Da quando è stata ottenuta la duplicazione del DNA in laboratorio, è possibile fare copie multiple di una sequenza di DNA. La reazione a catena della polimerasi (o PCR da Polymerase Chain Reaction) è una tecnica che automatizza questo processo copiando molte volte in provetta un tratto di DNA.

La PCR (▶figura), è un processo ciclico fatto di tappe che si ripetono molte volte:

• i filamenti di DNA a doppia elica, sottoposti a riscaldamento, si separano in filamenti singoli (denaturazione);
• si aggiunge alla soluzione un breve primer sintetizzato artificialmente, insieme ai quattro desossiribonucleosidi trifosfati e alla DNA polimerasi;
• la DNA polimerasi catalizza la produzione di nuovi filamenti complementari.

In pochi minuti, un singolo ciclo può raddoppiare la quantità di DNA presente in soluzione e lo riporta allo stato di doppio filamento. La ripetizione del ciclo per molte volte produce una crescita esponenziale del numero di copie della sequenza di DNA; per questo il processo prende il nome di amplificazione della sequenza.

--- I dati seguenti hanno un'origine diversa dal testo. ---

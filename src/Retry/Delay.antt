-- ===== src/Retry/Delay.antt =====
-- What the exponential strategy waits, and the bounds of the annotation for the attempts.
use native.Mathlib.Nat.{mod-eq_of_lt}
use draino.Prelude.{
  ℕ, suc, ◌-◌, ◌*◌, ◌%◌, ◌^◌, ◌≤◌, ◌<◌, ◌≡◌, refl, ℤ, pos, negsuc, ◌*ℤ◌, ◌≤ℤ◌, lt→ltb, arith,
}
use draino.K8s.{Node}
use draino.Retry.Strategy.{
  from_bits, wrap_int64, exponential_delay, power, max_attempt_of, get_node_retry_max_attempt,
  get_max_drain_attempts_before_fail,
}

pos-product : (a b : ℕ) → pos a *ℤ pos b ≡ pos (a * b)
unfolding ◌*ℤ◌
pos-product a b = ground arith

wrap_of_product : (a b : ℕ) → wrap_int64 (pos a *ℤ pos b) ≡ from_bits ((a * b) % 2 ^ 64)
unfolding wrap_int64
wrap_of_product a b = rw (pos-product a b) refl

from_bits_small : (m : ℕ) → m < 2 ^ 63 → from_bits (m % 2 ^ 64) ≡ pos m
unfolding from_bits
from_bits_small m h = rw (mod-eq_of_lt {n = m} {m = 2 ^ 64} (omega (arith, h))) (ground arith)

from_bits_big : (m : ℕ) → 2 ^ 63 ≤ m → m < 2 ^ 64 → from_bits (m % 2 ^ 64) ≡ negsuc (2 ^ 64 - 1 - m)
unfolding from_bits
from_bits_big m h k = rw (mod-eq_of_lt {n = m} {m = 2 ^ 64} (omega (arith, h))) (ground arith)

-- The delay of attempt n + 1 is 2^n times the first one, as long as n is below 63 and the product
-- fits an int64.
exponential_delay-doubles :
    (float_to_int : ℕ → ℤ) (delay retries : ℕ)
    → retries < 63
    → 2 ^ retries * delay < 2 ^ 63
    → exponential_delay float_to_int (pos delay) (pos (suc retries)) ≡ pos (2 ^ retries * delay)
unfolding exponential_delay power
exponential_delay-doubles float_to_int delay retries h k =
    rw (lt→ltb retries 63 h, wrap_of_product (2 ^ retries) delay) (from_bits_small _ k)

-- Where 2^n times the first delay lies between 2^63 and 2^64 nanoseconds, and n is below 63, the
-- delay of attempt n + 1 is negative.
pub exponential_delay_overflow :
    (float_to_int : ℕ → ℤ) (delay retries : ℕ)
    → retries < 63
    → 2 ^ 63 ≤ 2 ^ retries * delay
    → 2 ^ retries * delay < 2 ^ 64
    → exponential_delay float_to_int (pos delay) (pos (suc retries))
      ≡ negsuc (2 ^ 64 - 1 - 2 ^ retries * delay)
unfolding exponential_delay power
exponential_delay_overflow float_to_int delay retries h k l =
    rw (lt→ltb retries 63 h, wrap_of_product (2 ^ retries) delay) (from_bits_big _ k l)

-- The maximum of attempts for a node lies between 1 and 100, whatever its annotation says, if the
-- drainer's own maximum does.
pub max_drain_attempts-bounds :
    (max_drain_attempts : ℤ) (n : Node)
    → pos 1 ≤ℤ max_drain_attempts
    → max_drain_attempts ≤ℤ pos 100
    → (pos 1 ≤ℤ get_max_drain_attempts_before_fail max_drain_attempts n)
      × (get_max_drain_attempts_before_fail max_drain_attempts n ≤ℤ pos 100)
unfolding get_max_drain_attempts_before_fail get_node_retry_max_attempt max_attempt_of
max_drain_attempts-bounds max_drain_attempts n h k = ground arith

La tecnica della PCR richiede la conoscenza delle sequenze di basi all’estremità 3' di ciascun filamento della sequenza bersaglio, in modo da costruire in laboratorio il primer complementare, di solito della lunghezza di 15-20 basi. Data la peculiarità di questa sequenza, nel genoma di un organismo di solito ci sarà una sola regione del DNA a cui potranno legarsi due primer di questa lunghezza. Questa specificità, a fronte dell’incredibile diversità del DNA bersaglio, è la chiave della potenza della PCR.

La Taq-polimerasi

All’inizio esisteva un problema con la PCR: i requisiti termici. Per denaturare il DNA, infatti, bisogna scaldarlo a più di 90 °C, una temperatura che distrugge la DNA polimerasi. Se però fosse necessario aggiungere nuova polimerasi dopo ogni ciclo di denaturazione, la PCR sarebbe impraticabile.

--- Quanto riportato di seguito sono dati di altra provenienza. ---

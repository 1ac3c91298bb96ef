-- ===== src/Retry/Tests.antt =====
-- The retry wall on one node: a printer of times, the strategies of the command line, and a
-- concrete instance of each theorem.
use draino.Prelude.{◌≡◌, refl, String, [], ◌∷◌, none, some, pos, arith, negsuc, ◌+ℤ◌}
use draino.Prelude.Texts.{occurs, split, parse_int}
use draino.K8s.{Time, Node, Condition, minute, time_zero}
use draino.Retry.Message.{unserialize}
use draino.Retry.Strategy.{exponential, exponential_delay}
use draino.Retry.Wall.{
  RetryWall, find_node_condition, get_retry, get_retry_delay, get_retry_wall_timestamp,
  get_drain_retry_attempts_count, set_new_retry_wall_timestamp,
}
use draino.Retry.Count.{set_new-increments, set_new_separator}
use draino.Retry.Delay.{exponential_delay_overflow}

abbrev pub midnight : Time → String
midnight t = "2023-01-01T00:00:00Z"

abbrev pub two_failures : Condition
two_failures = record {
  kind = "DrainFailure";
  status = "True";
  last_heartbeat_time = pos 1000;
  last_transition_time = pos 0;
  reason = "DrainRetryWall";
  message = "2|2023-01-01T00:00:00Z|pdb";
}

abbrev pub failing_node : Node
failing_node = record {
  name = "n";
  labels = [];
  annotations = [];
  taints = [];
  conditions = two_failures ∷ [];
  deletion_timestamp = none;
}

abbrev pub wall : RetryWall
wall = record {
  parse_duration = λ _. none;
  format_time = midnight;
  float_to_int = λ _. pos 0;
  default_strategy = exponential (pos 7) (pos minute);
  strategies = [];
}

pub two_failures_read : get_retry wall failing_node ≡ some (pos 2, pos 1000)
unfolding get_retry unserialize find_node_condition split parse_int
two_failures_read = refl

pub midnight_lacks : (t : Time) → occurs b'|' (midnight t) ≡ 0
unfolding occurs
midnight_lacks t = refl

plain_reason : occurs b'|' "blocked by a budget" ≡ 0
unfolding occurs
plain_reason = refl

piped_reason : occurs b'|' "a|b" ≡ 1
unfolding occurs
piped_reason = refl

abbrev after_failure : Node
after_failure = set_new_retry_wall_timestamp wall failing_node "blocked by a budget" (pos 2000)

set_new-increments_example :
    (get_drain_retry_attempts_count wall after_failure ≡ pos 3)
    × (get_retry_wall_timestamp wall after_failure
        ≡ pos 2000 +ℤ get_retry_delay wall failing_node (pos 3))
set_new-increments_example =
    set_new-increments wall failing_node "blocked by a budget" (pos 2000) 2 (pos 1000)
      two_failures_read (omega arith) midnight_lacks plain_reason

set_new_separator_example :
    (get_drain_retry_attempts_count wall
        (set_new_retry_wall_timestamp wall failing_node "a|b" (pos 2000))
      ≡ pos 0)
    × (get_retry_wall_timestamp wall
          (set_new_retry_wall_timestamp wall failing_node "a|b" (pos 2000))
        ≡ time_zero)
set_new_separator_example =
    set_new_separator wall failing_node "a|b" (pos 2000) 2 (pos 1000) two_failures_read
      (omega (arith, piped_reason))

exponential_delay_overflow_example :
    exponential_delay (λ _. pos 0) (pos 1_380_000_000_000) (pos 24)
    ≡ negsuc 6_870_465_033_709_551_615
exponential_delay_overflow_example =
    exponential_delay_overflow (λ _. pos 0) 1_380_000_000_000 23 (omega arith) (omega arith)
      (omega arith)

Il problema è stato risolto dalla natura: in alcuni geyser, come anche in altre sorgenti termali, vive un batterio chiamato Thermus aquaticus. Portando avanti una ricerca di base, Thomas Brock e i suoi collaboratori scoprirono che questo organismo poteva sopravvivere a temperature fino a 95 °C grazie a un apparato metabolico termoresistente, completo di una DNA polimerasi (chiamata Taq polimerasi o polimerasi termostabile) che non si denatura ad alte temperature. In questo modo è possibile compiere più cicli di PCR.

Dopo aver letto l’articolo di Brock, il biochimico statunitense Kary Mullis pensò di usare la Taq polimerasi per la PCR; l’idea funzionò, tanto da fruttargli il premio Nobel nel 1983. Da allora, la PCR ha avuto grande importanza nella ricerca genetica e trova tuttora straordinarie applicazioni.